Data to use START

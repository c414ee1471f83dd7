-- ===== src/EventLoop/Process.antt =====
-- `process_command` from a serving state.
use lloogg.Prelude.{
  ℕ, ◌≤◌, ◌≡◌, sym, ◌∙◌, inl, inr, none, some, arith, length, slice, ◌==◌, subst, Bool-cases,
  Option-cases,
}
use lloogg.Constants.{wbuf_size, IsCompiledN, opcode_push, opcode_get, opcode_del}
use lloogg.Error.{Result, ok, err}
use lloogg.Outcome.{done, ◌>>=◌}
use lloogg.Record.{of_bytes}
use lloogg.HashMap.{lookup, remove, All-lookup}
use lloogg.Store.{Store}
use lloogg.Store.Open.{IsCapacity}
use lloogg.Store.Full.{push_record-cases}
use lloogg.Store.Erase.{erase_lem}
use lloogg.Store.View
use lloogg.Aof.{AofWriter, Writes, push_entry, del_entry, append_push, append_del}
use lloogg.Aof.Log
use lloogg.Aof.Append.{write_entry-cases}
use lloogg.Aof.Entry.{push, del, push_entry-bytes, del_entry-bytes, length-entry_bytes-le}
use lloogg.Connection.{
  Connection, header_opcode, header_user_id, validate_get_count, write_ok_response,
}
use lloogg.Commands.{push_command, del_command}
use lloogg.EventLoop.{EventLoop}
use lloogg.EventLoop.Dispatch.{answered, refused, get_checked, dispatch, process_command}
use lloogg.EventLoop.Open.{IsOpen}
use lloogg.EventLoop.Answer.{
  IsAnswer, IsAnswer-IsOpen, wbuf_size-le, write_status_response-IsAnswer, get_command-IsAnswer,
}
use lloogg.EventLoop.Serving.{IsServing, IsHandled, insert-AreOpen, remove-AreOpen}

pub IsCapacity-of : {n : ℕ} → IsCompiledN n → IsCapacity n
IsCapacity-of c = record { positive = c.positive; small = omega (arith, c.limit) }

module _ {S : Type 0} {slots n : ℕ} (c : IsCompiledN n) (writes : Writes) (now fd : ℕ)
    (l : EventLoop S) (h : IsServing slots n l) (conn : Connection)
    (i : IsOpen (wbuf_size n) conn) where
  -- The connection goes back into the map with its answer.
  answered-IsServing :
      {conn' : Connection} {store' : Store} {aof' : AofWriter}
      → IsAnswer (wbuf_size n) conn conn'
      → View.IsValid slots store'
      → store'.capacity ≡ n
      → Log.IsValid aof'
      → IsServing slots n (answered fd (record l { store = store'; aof = aof' }) conn')
  unfolding answered
  answered-IsServing {conn'} a v same ring = record {
    store = v;
    capacity = same;
    aof = ring;
    connections =
        insert-AreOpen (wbuf_size n) fd (record conn' { rbuf_pos = 0 }) l.connections
          (IsAnswer-IsOpen i a) h.connections;
    candidates_in = h.candidates_in;
    expired_out = h.expired_out;
  }

  ok-IsAnswer : IsAnswer (wbuf_size n) conn (write_ok_response conn)
  unfolding write_ok_response
  ok-IsAnswer = write_status_response-IsAnswer conn _ i.room_eq (omega (arith, wbuf_size-le n))

  push-IsHandled : IsHandled slots n l (do
    (conn', store', aof') ← push_command writes now conn l.store l.aof
    done (answered fd (record l { store = store'; aof = aof' }) conn'))
  unfolding push_command append_push
  push-IsHandled =
      let uid = header_user_id conn in
      let r = of_bytes (slice conn.rbuf 9 17) in
      let size : length (push_entry uid r now) ≤ 32 =
        rw (push_entry-bytes uid r now) (length-entry_bytes-le (push uid r now)) in
      elim (write_entry-cases writes l.aof (push_entry uid r now) h.aof) [
        | inr (full, lacks) ↦ rw full (omega (arith, lacks, size))
        | inl (aof', appended, ring) ↦
            elim (push_record-cases uid r now (subst IsCapacity (sym h.capacity) (IsCapacity-of c))
              h.store) [
                | inr (none_left, slots_used) ↦ rw (appended, none_left) slots_used
                | inl (store', pushed, v, same) ↦
                    rw (appended, pushed)
                      (answered-IsServing ok-IsAnswer v (same ∙ h.capacity) ring)
              ]
      ]

  del-IsHandled : IsHandled slots n l (do
    (conn', store', aof') ← del_command writes now conn l.store l.aof
    done (answered fd (record l { store = store'; aof = aof' }) conn'))
  unfolding del_command append_del
  del-IsHandled =
      let uid = header_user_id conn in
      let size : length (del_entry uid now) ≤ 32 =
        rw (del_entry-bytes uid now) (length-entry_bytes-le (del uid now)) in
      elim (write_entry-cases writes l.aof (del_entry uid now) h.aof) [
        | inr (full, lacks) ↦ rw full (omega (arith, lacks, size))
        | inl (aof', appended, ring) ↦
            let e = erase_lem uid h.store in
            rw appended (answered-IsServing ok-IsAnswer e.valid (e.capacity ∙ h.capacity) ring)
      ]

  refused-IsServing : IsServing slots n (refused fd l)
  unfolding refused
  refused-IsServing = record {
    store = h.store;
    capacity = h.capacity;
    aof = h.aof;
    connections = h.connections;
    candidates_in = h.candidates_in;
    expired_out = h.expired_out;
  }

  get-IsServing : (r : Result ℕ) → IsServing slots n (get_checked fd l conn r)
  unfolding get_checked
  get-IsServing (err e) = refused-IsServing
  get-IsServing (ok count) =
      answered-IsServing (get_command-IsAnswer conn l.store i.room_eq h.store h.capacity) h.store
        h.capacity h.aof

  pub dispatch-IsHandled : IsHandled slots n l (dispatch n writes now fd l conn)
  unfolding dispatch
  dispatch-IsHandled = elim (Bool-cases (header_opcode conn == opcode_push)) [
    | inl is_push ↦ rw is_push push-IsHandled
    | inr not_push ↦ elim (Bool-cases (header_opcode conn == opcode_get)) [
      | inl is_get ↦ rw (not_push, is_get) (get-IsServing (validate_get_count n conn))
      | inr not_get ↦ elim (Bool-cases (header_opcode conn == opcode_del)) [
        | inl is_del ↦ rw (not_push, not_get, is_del) del-IsHandled
        | inr not_del ↦ rw (not_push, not_get, not_del) refused-IsServing
      ]
    ]
  ]

-- Without the connection of a descriptor the event loop serves on.
removed-IsServing :
    {S : Type 0} {slots n : ℕ} (fd : ℕ) (l : EventLoop S)
    → IsServing slots n l
    → IsServing slots n (record l { connections = remove fd l.connections })
removed-IsServing {n = n} fd l h = record {
  store = h.store;
  capacity = h.capacity;
  aof = h.aof;
  connections = remove-AreOpen (wbuf_size n) fd l.connections h.connections;
  candidates_in = h.candidates_in;
  expired_out = h.expired_out;
}

process_command-absent :
    {S : Type 0} (n : ℕ) (writes : Writes) (now fd : ℕ) (l : EventLoop S)
    → lookup fd l.connections ≡ none
    → process_command n writes now fd l ≡ done l
unfolding process_command
process_command-absent n writes now fd l e = rw (process_command, e)

process_command-found :
    {S : Type 0} (n : ℕ) (writes : Writes) (now fd : ℕ) (l : EventLoop S) {conn : Connection}
    → lookup fd l.connections ≡ some conn
    → process_command n writes now fd l
      ≡ dispatch n writes now fd (record l { connections = remove fd l.connections }) conn
unfolding process_command
process_command-found n writes now fd l e = rw (process_command, e)

pub process_command-IsHandled :
    {S : Type 0} {slots n : ℕ} (c : IsCompiledN n) (writes : Writes) (now fd : ℕ) (l : EventLoop S)
    → IsServing slots n l
    → IsHandled slots n l (process_command n writes now fd l)
process_command-IsHandled {slots = slots} {n} c writes now fd l h =
    elim (Option-cases (lookup fd l.connections)) [
      | inl absent ↦ rw (process_command-absent n writes now fd l absent) h
      | inr (conn, found) ↦
          let i : IsOpen (wbuf_size n) conn =
            All-lookup (IsOpen (wbuf_size n)) fd l.connections h.connections found in
          rw (process_command-found n writes now fd l found) (
            dispatch-IsHandled c writes now fd (record l { connections = remove fd l.connections })
              (removed-IsServing fd l h) conn i)
    ]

Data to use END

- Exercise prompt: Filter the listing by the string "elim"; copy each matching line.

- Answer to the exercise:
      elim (write_entry-cases writes l.aof (push_entry uid r now) h.aof) [
            elim (push_record-cases uid r now (subst IsCapacity (sym h.capacity) (IsCapacity-of c))
      elim (write_entry-cases writes l.aof (del_entry uid now) h.aof) [
  dispatch-IsHandled = elim (Bool-cases (header_opcode conn == opcode_push)) [
    | inr not_push ↦ elim (Bool-cases (header_opcode conn == opcode_get)) [
      | inr not_get ↦ elim (Bool-cases (header_opcode conn == opcode_del)) [
    elim (Option-cases (lookup fd l.connections)) [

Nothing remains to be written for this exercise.